Then, after gaining tenure at the University of Pennsylvania, Fauxcahontas insisted the school recognize her as Native American, ostensibly so she could sell cartons of cigarettes and operate an on-campus casino. And later, a 1997 Fordham Law Review article described the extremely pale non-paleface as Harvard Law’s “first woman of color.”

So there it is — undeniable proof that white is, in fact, a color.

As a matter of fact, Senator A Woman Called Horse has even published several recipes to the cleverly-named cookbook, Pow Wow Chow, each recipe signed “Elizabeth Warren, Cherokee.” (Admittedly, two of the recipes were “Cereal with Whole Milk” and “Cereal with Skim Milk,” but that’s the editor’s problem, not ours.)

Political Correctness Sidebar: if George W. Bush had ever employed the phrase “pow wow,” even once, MSNBC would’ve napalmed his ranch.

Among the odd woman’s rock-solid scientific evidence of her heritage was this proof: her grandfather had “high cheekbones.” So does Mick Jagger.
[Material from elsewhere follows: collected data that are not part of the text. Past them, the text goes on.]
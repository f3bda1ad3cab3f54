-- ===== src/Web/SignIn/Entry.antt =====
-- The login page over time, while it is on display: what the user does, the answers to its calls, and
-- the attempts to wake the backend. And that a user with a second factor gets behind the gate.
use fernbank.Base.{◌≡◌, refl, false, List, [], ◌∷◌, String, Option, none, some}
use fernbank.Base.Text.{truthy}
use fernbank.Bff.Dashboard.{MeResponse}
use fernbank.Web.Api.{ApiResult, returns, throws, rejects}
use fernbank.Web.Auth.{AuthState, LoginBody, login, verify_mfa, load_user}
use fernbank.Web.View.{UserInput, presses, enters, offered, enter}
use fernbank.Web.Warmup.{WarmupState, ready}
use fernbank.Web.SignIn.{
  LoginValues, MfaCall, Platform, SignIn, mounted, login_resolver, mfa_resolver, login_answered,
  verify_answered, Action, act, login_form, mfa_verify_form, is_verifying, sign_in_page,
  backend_notice, Gate, replaces, shows, gate,
}

pub data Event : Type 0 where
  user : UserInput → Event
  answers_login : ApiResult LoginBody → ApiResult MeResponse → Event
  answers_mfa : ApiResult LoginBody → ApiResult MeResponse → Event
  warms : WarmupState → Event

abbrev pub perform : Platform → Option Action → SignIn → SignIn
perform env none s = s
perform env (some action) s = act env s action

-- An answer is that to the call that was made last, if one runs; `me` is the answer to the call for the
-- user that may follow.
unfoldable pub settle_login :
    ApiResult LoginBody → ApiResult MeResponse → List LoginValues → SignIn → SignIn
unfolding login_answered
settle_login body me [] s = s
settle_login body me (call ∷ calls) s = login_answered body me (record s { logins = calls })

unfoldable pub settle_mfa :
    ApiResult LoginBody → ApiResult MeResponse → List MfaCall → SignIn → SignIn
unfolding verify_answered
settle_mfa body me [] s = s
settle_mfa body me (call ∷ calls) s = verify_answered body me (record s { verifications = calls })

unfoldable pub step : Platform → SignIn → Event → SignIn
unfolding settle_login settle_mfa
step env s (user did) = perform env (offered (sign_in_page s) did) s
step env s (answers_login body me) = settle_login body me s.logins s
step env s (answers_mfa body me) = settle_mfa body me s.verifications s
step env s (warms state) = record s { backend_state = state }

unfoldable pub run : Platform → SignIn → List Event → SignIn
unfolding step
run env s [] = s
run env s (e ∷ es) = run env (step env s e) es

-- What a user does who is asked for a code, with the answers of the server.
abbrev pub visit : String → String → String → String → ApiResult MeResponse → List Event
visit email password token code me =
    warms ready
    ∷ user (enters 0 email)
    ∷ user (enters 1 password)
    ∷ user (presses 2)
    ∷ answers_login (returns (some (record { status = "MFA_REQUIRED"; mfa_token = some token }))) me
    ∷ user (enters 1 code)
    ∷ user (presses 2)
    ∷ answers_mfa (returns (some (record { status = "AUTHENTICATED"; mfa_token = none }))) me
    ∷ []

-- What the gate of the pages behind the login does on an answer to the call for the user.
abbrev pub gate_for : ApiResult MeResponse → Gate
gate_for (returns me) = shows
gate_for (throws error) = replaces "/login"
gate_for rejects = replaces "/login"

-- The state behind each of these events.
module _ (env : Platform) (auth : AuthState) (reason : Option String)
    (email password token code : String) (me : ApiResult MeResponse)
    (is_form : env.hand_over
        (login_resolver env.units)
        (record { email = email; password = password })
      ≡ some (record { email = email; password = password }))
    (is_token : truthy (some token) ≡ some token)
    (is_code : env.hand_over_code (mfa_resolver env.units token) code ≡ some code) where
  abbrev woken : SignIn
  woken = record (mounted auth reason) { backend_state = ready }

  abbrev values : LoginValues
  values = record { email = email; password = password }

  abbrev filled : SignIn
  filled = record woken { values = values }

  abbrev asked : SignIn
  asked = record filled { sent = values ∷ []; mfa_token = some token; form = 1 }

  abbrev coded : SignIn
  coded = record asked { code = code }

  wake : step env (mounted auth reason) (warms ready) ≡ woken
  unfolding step
  wake = refl

  fill_email :
      step env woken (user (enters 0 email))
      ≡ record woken { values = record { email = email; password = "" } }
  unfolding step sign_in_page login_form backend_notice offered enter act
  fill_email = refl

  fill_password :
      step env
        (record woken { values = record { email = email; password = "" } })
        (user (enters 1 password))
      ≡ filled
  unfolding step sign_in_page login_form backend_notice offered enter act
  fill_password = refl

  submit_form :
      step env filled (user (presses 2))
      ≡ record filled { logins = values ∷ []; sent = values ∷ [] }
  unfolding step sign_in_page login_form backend_notice offered act
  submit_form = rw is_form refl

  ask :
      step env
        (record filled { logins = values ∷ []; sent = values ∷ [] })
        (answers_login
          (returns (some (record { status = "MFA_REQUIRED"; mfa_token = some token })))
          me)
      ≡ asked
  unfolding step settle_login login_answered login
  ask = rw is_token refl

  fill_code : step env asked (user (enters 1 code)) ≡ coded
  unfolding step sign_in_page mfa_verify_form offered enter act
  fill_code = refl

  abbrev verifying : SignIn
  verifying = record coded {
    verifications = record { form = 1; mfa_token = token; code = code } ∷ [];
  }

  verify_it : step env coded (user (presses 2)) ≡ verifying
  unfolding step sign_in_page mfa_verify_form is_verifying offered act
  verify_it = rw is_code refl

  abbrev entered : SignIn
  entered = record coded { auth = load_user me auth; location = "/dashboard" }

  enter_in :
      step env verifying
        (answers_mfa (returns (some (record { status = "AUTHENTICATED"; mfa_token = none }))) me)
      ≡ entered
  unfolding step settle_mfa verify_answered verify_mfa
  enter_in = refl

  visit-entered : run env (mounted auth reason) (visit email password token code me) ≡ entered
  unfolding run
  visit-entered =
      rw (wake, fill_email, fill_password, submit_form, ask, fill_code, verify_it) enter_in

gate-load_user :
    (me : ApiResult MeResponse) (auth : AuthState)
    → auth.is_bootstrapping ≡ false
    → gate (load_user me auth) ≡ gate_for me
unfolding gate load_user
gate-load_user (returns loaded) auth ended = rw ended refl
gate-load_user (throws error) auth ended = rw ended refl
gate-load_user rejects auth ended = rw ended refl

-- The form library accepts the e-mail address with the password and, in the second form, the code, and
-- the server asks for a code with a token that is not empty and then accepts it. Then a user who fills
-- in the two forms sends the password once and goes to the dashboard, and the gate there shows the page
-- if the server answers who the user is, and sends the user back to the login page if that call fails,
-- with an error or without an answer.
pub run-enters :
    (env : Platform) (auth : AuthState) (reason : Option String)
    (email password token code : String) (me : ApiResult MeResponse)
    → auth.is_bootstrapping ≡ false
    → env.hand_over (login_resolver env.units) (record { email = email; password = password })
      ≡ some (record { email = email; password = password })
    → truthy (some token) ≡ some token
    → env.hand_over_code (mfa_resolver env.units token) code ≡ some code
    → ((run env (mounted auth reason) (visit email password token code me)).location ≡ "/dashboard")
      × ((run env (mounted auth reason) (visit email password token code me)).sent
          ≡ record { email = email; password = password } ∷ [])
      × (gate (run env (mounted auth reason) (visit email password token code me)).auth
          ≡ gate_for me)
run-enters env auth reason email password token code me ended is_form is_token is_code =
    rw (visit-entered env auth reason email password token code me is_form is_token is_code)
      (refl, refl, gate-load_user me auth ended)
Maybe next, Senator Howls At Moon will claim she’s a background singer for the Rolling Stones.

Abraham Lincoln also had high cheekbones, but of course, as every American schoolchild knows, Abraham Lincoln never claimed to be a Cherokee. Lincoln was an Apache.

Grandpa had high cheekbones; post hoc ergo, I’m a Cherokee Indian. Whew. It’s a good thing I’m not in the Oval Office. If I ran into someone who was that addled, not only would I try to keep them from voting; I’d keep them from driving.
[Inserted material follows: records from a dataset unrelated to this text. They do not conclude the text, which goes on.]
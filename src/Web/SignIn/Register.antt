-- ===== src/Web/SignIn/Register.antt =====
-- frontend/src/components/auth/register-form.tsx.
use fernbank.Base.{Bool, not, ◌||◌, List, [], ◌∷◌, ◌++◌, String, Option, none, some}
use fernbank.Web.Api.{ApiResult, returns, throws, rejects}
use fernbank.Web.Forms.{Units, Issue, register_schema}
use fernbank.Web.Transfer.Pages.{is_pending}
use fernbank.Web.View.{Control, text, button, input, link, error_message}
use fernbank.Web.Warmup.{WarmupState}
use fernbank.Web.SignIn.{backend_notice, is_ready, submit_label}

pub record RegisterValues : Type 0 where
  pub full_name : String
  pub email : String
  pub password : String

-- `registrations` holds the calls that run; `location` is the page that the router shows.
pub record RegisterForm : Type 0 where
  pub backend_state : WarmupState
  pub values : RegisterValues
  pub registrations : List RegisterValues
  pub location : String
  pub toasts : List String

unfoldable pub register_resolver : (String → Units) → (Units → Bool) → RegisterValues → List Issue
unfolding register_schema
register_resolver units is_email values = register_schema is_email (record {
  full_name = units values.full_name;
  email = units values.email;
  password = units values.password;
})

-- `onSubmit` up to its await, of the values that the form library hands over, and behind it.
unfoldable pub on_register : Option RegisterValues → RegisterForm → RegisterForm
on_register none s = s
on_register (some values) s = record s { registrations = values ∷ s.registrations }

abbrev toast : String → RegisterForm → RegisterForm
toast message s = record s { toasts = message ∷ s.toasts }

unfoldable pub register_answered : {A : Type 0} → ApiResult A → RegisterForm → RegisterForm
unfolding error_message
register_answered (returns result) s = record (toast "Account created — sign in to continue." s) {
  location = "/login";
}
register_answered (throws error) s = toast (error_message "Something went wrong" (some error)) s
register_answered rejects s = toast (error_message "Something went wrong" none) s

pub data RegisterAction : Type 0 where
  types_full_name : String → RegisterAction
  types_email : String → RegisterAction
  types_password : String → RegisterAction
  retries_backend : RegisterAction
  submits : RegisterAction

unfoldable pub register_form : RegisterForm → List (Control RegisterAction)
unfolding backend_notice submit_label
register_form s =
    input "Full name" s.values.full_name types_full_name
    ∷ input "Email" s.values.email types_email
    ∷ input "Password" s.values.password types_password
    ∷ (backend_notice retries_backend s.backend_state
        ++ (button
              (submit_label (is_ready s.backend_state) (is_pending s.registrations)
                "Creating account…" "Create account")
              (not (is_ready s.backend_state) || is_pending s.registrations) submits
            ∷ text "Already have an account?"
            ∷ link "Sign in" "/login"
            ∷ []))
Even the Cherokee Nation has rejected Senator Wounded Kneepad’s claim. According to the internet — a tool used to quickly share misspellings, invented by Al Gore (Pawnee Nation) — the minimum requirement for consideration is 1/16th Cherokee blood.

Sheesh — the Cherokee Nation has better border security than the American Nation.

Phenotypical Sidebar: Al Gore has no cheekbones, period. He had them removed after learning that cheekbones may lead to smiling.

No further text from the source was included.